I'm afraid I also don't think you have this right conceptually. An async implementation that does multiple ("embarrassingly parallel") tasks in the same process - whether that is DB IO waiting or microservice IO waiting - is not necessarily a performance improvement over a sync version that just starts more workers and has the OS kernel scheduler organise things. In fact in practice an async version is normally lower throughput, higher latency and more fragile. This is really what I'm getting at when I say async is not faster.
Fundamentally, you do not waste "3 billion cpu cycles" waiting 1000ms for an external service. Making alternative use of the otherwise idle CPU is the purpose (and IMO the proper domain of) operating systems.
john-radio|5 years ago
Sure, the operating system can find other things to do with the CPU cycles when a program is IO-locked, but that doesn't help the program that you're in the situation of currently trying to run.
> An async implementation that does multiple ("embarrassingly parallel") tasks in the same process - whether that is DB IO waiting or microservice IO waiting - is not necessarily a performance improvement over a sync version that just starts more workers and has the OS kernel scheduler organise things. In fact in practice an async version is normally lower throughput, higher latency and more fragile. This is really what I'm getting at when I say async is not faster.
You're right. "Arbitrary programs will run faster" is not the promise of Python async.
Python async does help a program work faster in the situation that phodge just described (waiting for web requests, or waiting for a slow hardware device), since the program can do other things while waiting for the locked IO (unlike a Python program that does not use async and could only proceed linearly through its instructions). That's the problem that Python asyncio purports to solve. It is still subject to the Global Interpreter Lock, meaning it's still bound to one thread. (Python's multiprocessing library is needed to overcome the GIL and break out a program into multiple threads, at the cost that cross-thread communication now becomes expensive).
brightball|5 years ago
On the web when the bulk of your application code time is waiting on APIs, database queries, external caches or disk I/O it creates a dramatic increase in the capacity of your server if you can do it with minimal RAM overhead.
It's one of the big reasons I've always wanted to see Techempower create a test version that continues to increase concurrency beyond 512 (as high as maybe 10k). I think it would be interesting.
arghwhat|5 years ago
This is very true, especially when actual work is involved.
Remember, the kernel uses the exact same mechanism to have a process wait on a synchronous read/write, as it does for a processes issuing epoll_wait. Furthermore, isolating tasks into their own processes (or, sigh, threads), allows the kernel scheduler to make much better decisions, such as scheduling fairness and QoS to keep the system responsive under load surges.
Now, async might be more efficient if you serve extreme numbers of concurrent requests from a single thread if your request processing is so simple that the scheduling cost becomes a significant portion of the processing time.
... but if your request processing happens in Python, that's not the case. Your own scheduler implementation (your event loop) will likely also end up eating some resources (remember, you're not bypassing anything, just duplicating functionality), and is very unlikely to be as smart or as fair as that of the kernel. It's probably also entirely unable to do parallel processing.
And this is all before we get into the details of how you easily end up fighting against the scheduler...
wongarsu|5 years ago
yamrzou|5 years ago
Co-routines are not necessarily faster than threads, but they yield to a performance improvement if one has to spin thousands of them : they have less creation overhead and consume less RAM.
_pmf_|5 years ago
Literally the first thing any concurrency course starts with in the very first lesson is that scheduling and context overhead are not negligible. Is it so hard to expect our professionals to know basic principles of what they are dealing with?
dspillett|5 years ago
This is because when they are first shown it, the examples are faster, effectively at least, because the get given jobs done in less wallclock time due to reduced blocking.

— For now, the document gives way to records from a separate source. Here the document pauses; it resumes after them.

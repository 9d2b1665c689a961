-- ===== src/Requests/Filtering.antt =====
-- The choices of the filter, and the answers that they ask for, in any order.
use workflow_automation_plat.Common.{◌≡◌, refl, String, Option, none, some, List, [], ◌∷◌}
use workflow_automation_plat.Requests.{WorkflowRequest, State, set_filter, update, requests_loaded}

-- On the page: a filter is chosen, or some request for a list is answered.
pub data Event : Type 0 where
  chosen : String → Event
  answered : Option (List WorkflowRequest) → Event

unfoldable pub step : Event → State → State
unfolding update requests_loaded
step (chosen f) s = (update (set_filter f) s).0
step (answered a) s = requests_loaded a s

-- The events in order, the latest last.
unfoldable pub run : List Event → State → State
unfolding step
run [] s = s
run (e ∷ es) s = run es (step e s)

-- The filter that was chosen last, and the list that was answered last.
abbrev pub last_choice : List Event → String → String
last_choice [] f = f
last_choice (chosen g ∷ es) f = last_choice es g
last_choice (answered a ∷ es) f = last_choice es f

abbrev pub last_list : List Event → List WorkflowRequest → List WorkflowRequest
last_list [] rs = rs
last_list (chosen g ∷ es) rs = last_list es rs
last_list (answered none ∷ es) rs = last_list es rs
last_list (answered (some ss) ∷ es) rs = last_list es ss

-- After any choices of filters and any answers, in any order, the filter reads the latest choice,
-- while the list is that of the latest answer that succeeded, whichever choice it answers; a failed
-- answer leaves the list as it was.
pub run-latest :
    (es : List Event) (s : State)
    → ((run es s).status_filter ≡ last_choice es s.status_filter)
      × ((run es s).requests ≡ last_list es s.requests)
unfolding run
run-latest [] s = (refl, refl)
run-latest (chosen f ∷ es) s = run-latest es (step (chosen f) s)
run-latest (answered none ∷ es) s = run-latest es (step (answered none) s)
run-latest (answered (some rs) ∷ es) s = run-latest es (step (answered (some rs)) s)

They learn that but often don't get told (or work out themselves) that in many cases the difference is so small as to be unmeasurable or in other circumstances the can be negative effects (overheads others have already mentioned in the framework, more things waiting on RAM with a part processed working day which could lead to thrashing in a low memory situation, greater concurrent load on other services such as a database and the IO system it depends upon, etc).

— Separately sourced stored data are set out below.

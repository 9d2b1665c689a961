-- ===== src/Requests/Tests.antt =====
-- The theorems at concrete states.
use workflow_automation_plat.Common.{◌≡◌, String, List, [], ◌∷◌, some, [], ◌∷◌}
use workflow_automation_plat.Requests.{WorkflowRequest, initial}
use workflow_automation_plat.Requests.Filtering.{
  Event, chosen, answered, run, last_choice, last_list, run-latest,
}

abbrev request : String → WorkflowRequest
request status = record {
  id = "r1";
  workflow_id = "w1";
  requester_id = "u1";
  status = status;
  created_at = 0;
}

abbrev late : List Event
late =
    chosen "IN_PROGRESS"
    ∷ chosen "COMPLETED"
    ∷ answered (some [])
    ∷ answered (some (request "IN_PROGRESS" ∷ []))
    ∷ []

run-latest_example :
    ((run late initial).status_filter ≡ last_choice late initial.status_filter)
    × ((run late initial).requests ≡ last_list late initial.requests)
run-latest_example = run-latest late initial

As a slightly of-the-topic-of-async example, back when multi-core processing was first becoming cheap enough that it was not just affordable at give but the default option, I had great trouble trying to explain to a colleague why two IO intensive database processes he was running were so much slower than when I'd shown him the same process (I'd run them sequentially). He was absolutely fixated on the idea that his four cores should make concurrency the faster option, I couldn't get through that in this case the flapping heads on the drives of the time were the bottleneck and the CPU would be practically idle no matter how many cores it had while the bottleneck was elsewhere.
Some people learn the simple message (async can handle some loads much more efficiently) as an absolute (async is more efficient) and don't consider at all that the situation may be far more nuanced.
nurettin|5 years ago
You mean concurrent tasks in the same process?
lucideer|5 years ago
I do.
And I don't think I'm alone nor being unreasonable.
kerkeslager|5 years ago
This is a quintessential example of not seeing the forest for the trees.
The point of coroutines is absolutely to make my code execute faster. If a completely I/O-bound application sits idle while it waits for I/O, I don't care and I should not care because there's no business value in using those wasted cycles. The only case where coroutines are relevant is when the application isn't completely I/O bound; the only case where coroutines are relevant is when they make your code execute faster.
It's been well-known for a long time that the majority of processes in (for example) a webserver, are I/O bound, but there are enough exceptions to that rule that we need a solution to situations where the process is bound by something else, i.e. CPU. The classic solution to this problem is to send off CPU-bound processes to a worker over a message queue, but that involves significant overhead. So if we assume that there's no downside to making everything asynchronous, then it makes sense to do that--it's not faster for the I/O bound cases, but it's not slower either, and in the minority-but-not-rare CPU-bound case, it gets us a big performance boost.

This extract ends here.